A cidade é também centro de uma região metropolitana de 39 municípios, com uma área total de quase 7.946 km2 e área urbanizada de quase 2,4 mil km2 , onde vivem mais de 21 milhões de habitantes (IBGE 2020). Essas pessoas circulam entre os bairros e cidades para trabalhar, estudar, cuidar da saúde ou divertir-se, gerando uma demanda permanente de transportes: os gráficos de utilização dos sistemas de mobilidade da RMSP mostram uma sucessão de picos ao longo de todo o dia, em todos os dias úteis, tanto nos ônibus como nos sistemas sobre trilhos: metrô e trens urbanos.

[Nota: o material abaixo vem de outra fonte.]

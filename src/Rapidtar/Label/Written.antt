-- ===== src/Rapidtar/Label/Written.antt =====
-- rapidtar/src/bin/rapidtar.rs: what `label_proc` writes.
use rapidtar.Prelude.{◌≡◌, refl, sym, ap, ◌∙◌, Option, none, some, ◌++◌}
use rapidtar.Io.{Bytes, IoResult, ok, err, RecoverableWrite, IsHonest}
use rapidtar.Tar.Header.{RecoveryEntry}
use rapidtar.Rapidtar.Label.{write_label}

module _ {W : Type 0} (o : RecoverableWrite W RecoveryEntry) (contents : W → Bytes)
    (honest : IsHonest o contents) where
  pub label_written :
      (label : Option (IoResult Bytes)) (w w' : W)
      → write_label o label w ≡ some (ok tt, w')
      → (bytes : Bytes) × (label ≡ some (ok bytes)) × (contents w' ≡ contents w ++ bytes)
  unfolding write_label
  label_written none w w' h = absurd (cc)
  label_written (some (err x)) w w' h = absurd (cc)
  label_written (some (ok b)) w w' h =
      let out : o.write_all b w ≡ (ok tt, w') = cc in
      (b, refl, sym (ap (λ r. contents r.1) out) ∙ honest.write_all_ok b w (ap (λ r. r.0) out))
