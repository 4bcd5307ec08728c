-- ===== src/Tar/Serialize/Blocks.antt =====
-- librapidarchive/src/tar/mod.rs: what `serialize` puts into the archive is whole blocks.
use rapidtar.Prelude.{
  ℕ, ◌+◌, ◌-◌, ◌%◌, ◌<◌, ◌≡◌, refl, sym, ap, ◌∙◌, Bool, true, false, Option, none, some, [], ◌++◌,
  ◌==◌, if◌then◌else◌, arith, length, drop, replicate, add64, u64_mod, length-append, append_assoc,
  append-nil, Bool-cases, inl, inr, ==_iff,
}
use rapidtar.Io.{Bytes, IoResult, ok, err, invalid_data, RecoverableWrite, IsHonest}
use rapidtar.Tar.FileType.{is_file_stream}
use rapidtar.Tar.Serialize.{
  HeaderGenResult, Effect, continue, write_counted, write_prefix, prefix_bytes, stream_needed,
  copy_rest, check_size, write_file, pad_blocks, serialize,
}

-- The bytes of the file that are read behind its cached start.
abbrev pub rest_bytes : Bool → IoResult Bytes → ℕ → Bytes
rest_bytes true (ok source) from = drop from source
rest_bytes true (err e) from = []
rest_bytes false source from = []

module _ {W P : Type 0} (o : RecoverableWrite W P) (contents : W → Bytes)
    (honest : IsHonest o contents) where
  ok_inj : {m n : ℕ} → ok m ≡ ok n → m ≡ n
  ok_inj h = cc

  continue_inv :
      {A B : Type 0} (x : IoResult A × W) (next : A → Effect W B) {b : B}
      → (continue x next).0 ≡ ok b
      → (a : A) × (x.0 ≡ ok a) × ((next a x.1).0 ≡ ok b) × ((continue x next).1 ≡ (next a x.1).1)
  continue_inv (ok a, w) next h = (a, refl, h, refl)
  continue_inv (err e, w) next h = absurd (cc)

  write_counted_lem :
      (size : ℕ) (bytes : Bytes) (w : W) {n : ℕ}
      → (write_counted o size bytes w).0 ≡ ok n
      → (n ≡ add64 size (length bytes))
        × (contents (write_counted o size bytes w).1 ≡ contents w ++ bytes)
  unfolding write_counted
  write_counted_lem size bytes w {n} h =
      let (u, written, counted, after) = continue_inv (o.write_all bytes w) _ h in
      (cc, ap contents after ∙ honest.write_all_ok bytes w (written))

  pad_blocks_lem :
      (size : ℕ) (w : W) {n : ℕ}
      → (pad_blocks o size w).0 ≡ ok n
      → (pad : ℕ) × (contents (pad_blocks o size w).1 ≡ contents w ++ replicate pad 0)
        × ((size + pad) % 512 ≡ 0)
        × (pad < 512)
  unfolding pad_blocks
  pad_blocks_lem size w {n} h = elim (Bool-cases (size % 512 == 0)) [
    | inl whole ↦
        let none_needed = (==_iff (size % 512) 0).0 whole in
        (0, rw whole (sym (append-nil (contents w))), omega arith, omega arith)
    | inr part ↦
        let zeros = replicate (512 - size % 512) 0 in
        let (u, written, counted, after) =
          continue_inv (o.write_all zeros w) (λ _ w'. (ok (add64 size (size % 512)), w'))
            (rw part at h) in
        (
          512 - size % 512,
          rw part (ap contents after ∙ honest.write_all_ok zeros w written),
          omega arith,
          ground arith,
        )
  ]

  write_prefix_lem :
      (size : ℕ) (prefix : Option Bytes) (w : W) {n : ℕ}
      → size < u64_mod
      → (write_prefix o size prefix w).0 ≡ ok n
      → (n ≡ add64 size (length (prefix_bytes o prefix)))
        × (contents (write_prefix o size prefix w).1 ≡ contents w ++ prefix_bytes o prefix)
  unfolding write_prefix
  write_prefix_lem size none w small h = (omega (arith, ok_inj h), sym (append-nil (contents w)))
  write_prefix_lem size (some readahead) w small h = write_counted_lem size readahead w h

  rest_lem :
      (needed : Bool) (size : ℕ) (source : IoResult Bytes) (from : ℕ) (w : W) {n : ℕ}
      → size < u64_mod
      → (if needed then copy_rest o size source from w else (ok size, w)).0 ≡ ok n
      → (n ≡ add64 size (length (rest_bytes needed source from)))
        × (contents (if needed then copy_rest o size source from w else (ok size, w)).1
            ≡ contents w ++ rest_bytes needed source from)
  unfolding copy_rest
  rest_lem true size (ok source) from w small h = write_counted_lem size (drop from source) w h
  rest_lem true size (err e) from w small h = absurd (cc)
  rest_lem false size source from w small h =
      (omega (arith, ok_inj h), sym (append-nil (contents w)))

  check_size_lem :
      (expected size : ℕ) (w : W) {n : ℕ}
      → (check_size o expected size w).0 ≡ ok n
      → (size ≡ expected) × (n ≡ size) × ((check_size o expected size w).1 ≡ w)
  unfolding check_size
  check_size_lem expected size w {n} h = elim (Bool-cases (size == expected)) [
    | inl same ↦
        let kept : ◌≡◌ {A = IoResult ℕ} (ok size) (ok n) = rw same at h in
        ((==_iff size expected).0 same, sym (ok_inj kept), rw same refl)
    | inr other ↦
        let failed : ◌≡◌ {A = IoResult ℕ} (err invalid_data) (ok n) = rw other at h in absurd (cc)
  ]

  -- What is read of the file, cached or not.
  abbrev pub file_bytes : HeaderGenResult → IoResult Bytes → Bytes
  file_bytes t source =
      prefix_bytes o t.file_prefix
      ++ rest_bytes (stream_needed o t.file_prefix t.tar_header.file_size) source
          (length (prefix_bytes o t.file_prefix))

  write_file_lem :
      (size : ℕ) (t : HeaderGenResult) (source : IoResult Bytes) (w : W) {n : ℕ}
      → size < u64_mod
      → (write_file o size t source w).0 ≡ ok n
      → (n ≡ add64 size (length (file_bytes t source)))
        × (n ≡ add64 (length t.encoded_header) t.tar_header.file_size)
        × (contents (write_file o size t source w).1 ≡ contents w ++ file_bytes t source)
  unfolding write_file
  write_file_lem size t source w {n} small h =
      let prefix = prefix_bytes o t.file_prefix in
      let needed = stream_needed o t.file_prefix t.tar_header.file_size in
      let rest = rest_bytes needed source (length prefix) in
      let (n₁, e₁, h₁, after₁) = continue_inv (write_prefix o size t.file_prefix w) _ h in
      let w₁ = (write_prefix o size t.file_prefix w).1 in
      let (size₁, put₁) = write_prefix_lem size t.file_prefix w small e₁ in
      let (n₂, e₂, h₂, after₂) =
        continue_inv (if needed then copy_rest o n₁ source (length prefix) w₁ else (ok n₁, w₁)) _
          h₁ in
      let w₂ = (if needed then copy_rest o n₁ source (length prefix) w₁ else (ok n₁, w₁)).1 in
      let (size₂, put₂) = rest_lem needed n₁ source (length prefix) w₁ (omega (arith, size₁)) e₂ in
      let (whole, same, after₃) =
        check_size_lem (add64 (length t.encoded_header) t.tar_header.file_size) n₂ w₂ h₂ in
      (
        omega (arith, size₁, size₂, same, length-append prefix rest),
        omega (arith, whole, same),
        ap contents (after₁ ∙ after₂ ∙ after₃)
            ∙ put₂
            ∙ ap (λ c. c ++ rest) put₁
            ∙ append_assoc (contents w) prefix rest,
      )

  -- The part of the archive between the header and the padding.
  abbrev pub payload : HeaderGenResult → IoResult Bytes → Bytes
  payload t source = if is_file_stream t.tar_header.file_type then file_bytes t source else []

  payload_lem :
      (size : ℕ) (t : HeaderGenResult) (source : IoResult Bytes) (w : W) {n : ℕ}
      → size < u64_mod
      → (if is_file_stream t.tar_header.file_type
          then write_file o size t source w
          else (ok size, w)).0
        ≡ ok n
      → (n ≡ add64 size (length (payload t source)))
        × (contents
              (if is_file_stream t.tar_header.file_type
                then write_file o size t source w
                else (ok size, w)).1
            ≡ contents w ++ payload t source)
  payload_lem size t source w {n} small h =
      elim (Bool-cases (is_file_stream t.tar_header.file_type)) [
        | inl stream ↦
            let (count, whole, put) = write_file_lem size t source w small (rw stream at h) in
            rw stream (count, put)
        | inr other ↦
            let kept : ◌≡◌ {A = IoResult ℕ} (ok size) (ok n) = rw other at h in
            rw other (omega (arith, ok_inj kept), sym (append-nil (contents w)))
      ]

  -- Over an inner writer that keeps to the contract of `io::Write`: where `serialize` returns Ok, it
  -- has put the header into the archive, the contents of the file, if it is a regular one, and less
  -- than a block of zeros, which make whole blocks of it.
  pub serialize_lem :
      (t : HeaderGenResult) (source : IoResult Bytes) (w : W) {n : ℕ}
      → (serialize o t source w).0 ≡ ok n
      → (pad : ℕ) × (contents (serialize o t source w).1
          ≡ contents w ++ (t.encoded_header ++ (payload t source ++ replicate pad 0)))
        × ((length t.encoded_header + length (payload t source) + pad) % 512 ≡ 0)
        × (pad < 512)
  unfolding serialize
  serialize_lem t source w {n} h =
      let (n₁, e₁, h₁, after₁) = continue_inv (write_counted o 0 t.encoded_header w) _ h in
      let w₁ = (write_counted o 0 t.encoded_header w).1 in
      let (size₁, put₁) = write_counted_lem 0 t.encoded_header w e₁ in
      let body =
        if is_file_stream t.tar_header.file_type
        then write_file o n₁ t source w₁
        else (ok n₁, w₁) in
      let (n₂, e₂, h₂, after₂) = continue_inv body _ h₁ in
      let (size₂, put₂) = payload_lem n₁ t source w₁ (omega (arith, size₁)) e₂ in
      let (pad, put₃, blocks, few) = pad_blocks_lem n₂ body.1 h₂ in
      (
        pad,
        ap contents (after₁ ∙ after₂)
            ∙ put₃
            ∙ ap (λ c. c ++ replicate pad 0) (put₂ ∙ ap (λ c. c ++ payload t source) put₁)
            ∙ append_assoc (contents w ++ t.encoded_header) (payload t source) (replicate pad 0)
            ∙ append_assoc (contents w) t.encoded_header (payload t source ++ replicate pad 0),
        omega (arith, size₁, size₂, blocks),
        few,
      )

  -- Where `serialize` of a regular file returns Ok, it has read exactly as many bytes of the file as
  -- the header says, whatever the file has become since; the sizes are to add up in 64 bits.
  pub serialize-whole_file :
      (t : HeaderGenResult) (source : IoResult Bytes) (w : W) {n : ℕ}
      → is_file_stream t.tar_header.file_type ≡ true
      → length t.encoded_header + length (file_bytes t source) < u64_mod
      → length t.encoded_header + t.tar_header.file_size < u64_mod
      → (serialize o t source w).0 ≡ ok n
      → length (file_bytes t source) ≡ t.tar_header.file_size
  unfolding serialize
  serialize-whole_file t source w {n} stream read said h =
      let (n₁, e₁, h₁, after₁) = continue_inv (write_counted o 0 t.encoded_header w) _ h in
      let w₁ = (write_counted o 0 t.encoded_header w).1 in
      let (size₁, put₁) = write_counted_lem 0 t.encoded_header w e₁ in
      let body =
        if is_file_stream t.tar_header.file_type
        then write_file o n₁ t source w₁
        else (ok n₁, w₁) in
      let (n₂, e₂, h₂, after₂) = continue_inv body _ h₁ in
      let (count, whole, put) =
        write_file_lem n₁ t source w₁ (omega (arith, size₁)) (rw stream at e₂) in
      omega (arith, size₁, count, whole, read, said)
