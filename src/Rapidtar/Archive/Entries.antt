-- ===== src/Rapidtar/Archive/Entries.antt =====
-- rapidtar/src/bin/rapidtar.rs: what `serialize_proc` writes into an archive.
use rapidtar.Prelude.{
  ℕ, ◌+◌, ◌%◌, ◌<◌, ◌≡◌, refl, sym, ap, ◌∙◌, Bool, true, false, List, [], ◌∷◌, ◌++◌, length, add64,
  replicate, append_assoc, append-nil,
}
use rapidtar.Io.{Bytes, IoResult, ok, err, RecoverableWrite, IsHonest}
use rapidtar.Tar.Header.{RecoveryEntry}
use rapidtar.Tar.Recovery.{FileSystem, new_from_headergen}
use rapidtar.Tar.Serialize.{HeaderGenResult, serialize}
use rapidtar.Tar.Serialize.Blocks.{payload, serialize_lem}
use rapidtar.Rapidtar.{TarResult}
use rapidtar.Rapidtar.Archive.{Pass, begin_entry, after_entry, serialize_entries}

module _ {W : Type 0} (o : RecoverableWrite W RecoveryEntry) (contents : W → Bytes)
    (honest : IsHonest o contents) where
  -- The archive of some entries: of each, its header, its file, and zeros that fill its last block.
  pub data Archived (fs : FileSystem) : List HeaderGenResult → Bytes → Type 0 where
    nothing : Archived fs [] []
    archived :
        (entry : HeaderGenResult) (entries : List HeaderGenResult) (pad : ℕ) (rest : Bytes)
        → pad < 512
        → (length entry.encoded_header
              + length (payload o contents honest entry (fs.open_file entry.canonical_path))
              + pad)
            % 512
          ≡ 0
        → Archived fs entries rest
        → Archived fs (entry ∷ entries) (
            (entry.encoded_header
              ++ (payload o contents honest entry (fs.open_file entry.canonical_path)
                  ++ replicate pad 0))
            ++ rest)

  begun :
      (spanning : Bool) (entry : HeaderGenResult) (w : W)
      → contents (begin_entry o spanning entry w) ≡ contents w
  unfolding begin_entry
  begun true entry w =
      honest.contents-begin (new_from_headergen entry (length entry.encoded_header)) w
  begun false entry w = refl

  -- A round that does not end the loop with an error.
  entry_done :
      (x : IoResult ℕ × W) (entry : HeaderGenResult) (rest : List HeaderGenResult)
      (result : TarResult) (next : TarResult → W → Pass W)
      → (after_entry o x entry rest result next).outcome ≡ ok tt
      → (size : ℕ) × (result' : TarResult) × (x.0 ≡ ok size)
        × (after_entry o x entry rest result next ≡ next result' x.1)
  unfolding after_entry
  entry_done (ok size, w) entry rest result next h =
      (size, record result { tarball_size = add64 result.tarball_size size }, refl, refl)
  entry_done (err e, w) entry rest result next h = absurd (cc)

  pub entries_done :
      (fs : FileSystem) (spanning : Bool) (entries : List HeaderGenResult) (result : TarResult)
      (w : W)
      → (serialize_entries o fs spanning entries result w).outcome ≡ ok tt
      → (bytes : Bytes) × Archived fs entries bytes
        × (contents (serialize_entries o fs spanning entries result w).tarball
            ≡ contents w ++ bytes)
  unfolding serialize_entries
  entries_done fs spanning [] result w h = ([], nothing, sym (append-nil (contents w)))
  entries_done fs spanning (entry ∷ entries) result w h =
      let source = fs.open_file entry.canonical_path in
      let v = begin_entry o spanning entry w in
      let next : TarResult → W → Pass W =
        λ result' w'. serialize_entries o fs spanning entries result' w' in
      let (size, result', good, out) =
        entry_done (serialize o entry source v) entry entries result next h in
      let (pad, put, whole, few) = serialize_lem o contents honest entry source v good in
      let w₁ = (serialize o entry source v).1 in
      let (rest, stream, after) =
        entries_done fs spanning entries result' w₁ (sym (ap (λ p. p.outcome) out) ∙ h) in
      let block =
        entry.encoded_header ++ (payload o contents honest entry source ++ replicate pad 0) in
      (
        block ++ rest,
        archived entry entries pad rest few whole stream,
        ap (λ p. contents p.tarball) out
            ∙ after
            ∙ ap (λ c. c ++ rest) (put ∙ ap (λ c. c ++ block) (begun spanning entry w))
            ∙ append_assoc (contents w) block rest,
      )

Terminal Parque Dom Pedro, no Centro da cidade. Foto: Rovena Rosa/Agência Brasil
Antes da pandemia de Covid-19, a divisão modal (distribuição das formas de transporte utilizadas) na RMSP mostrava uma prevalência do transporte público, com 37% das viagens diárias, e um equilíbrio entre as pessoas que fazem seus deslocamentos a pé (31%) e de transporte próprio (31%), com uma pequena, mas crescente participação do uso da bicicleta, especialmente nas áreas dotadas com melhor infraestrutura para a segurança dos ciclistas.
Bicicletas e ciclovias
No município de São Paulo, conforme dados da prefeitura da capital, há exatos 663,1 km de ciclovias e ciclofaixas, além de 2.700 bicicletas para compartilhamento, parte delas já dotadas de motores elétricos. Essa infraestrutura estimulou, de fato, o uso da bicicleta na cidade, tanto para os deslocamentos como para as entregas de porta a porta, embora a rede cicloviária ainda sofra pela falta de algumas conexões, o que obriga as pessoas a pedalarem alguns trechos no asfalto, em meio ao trânsito.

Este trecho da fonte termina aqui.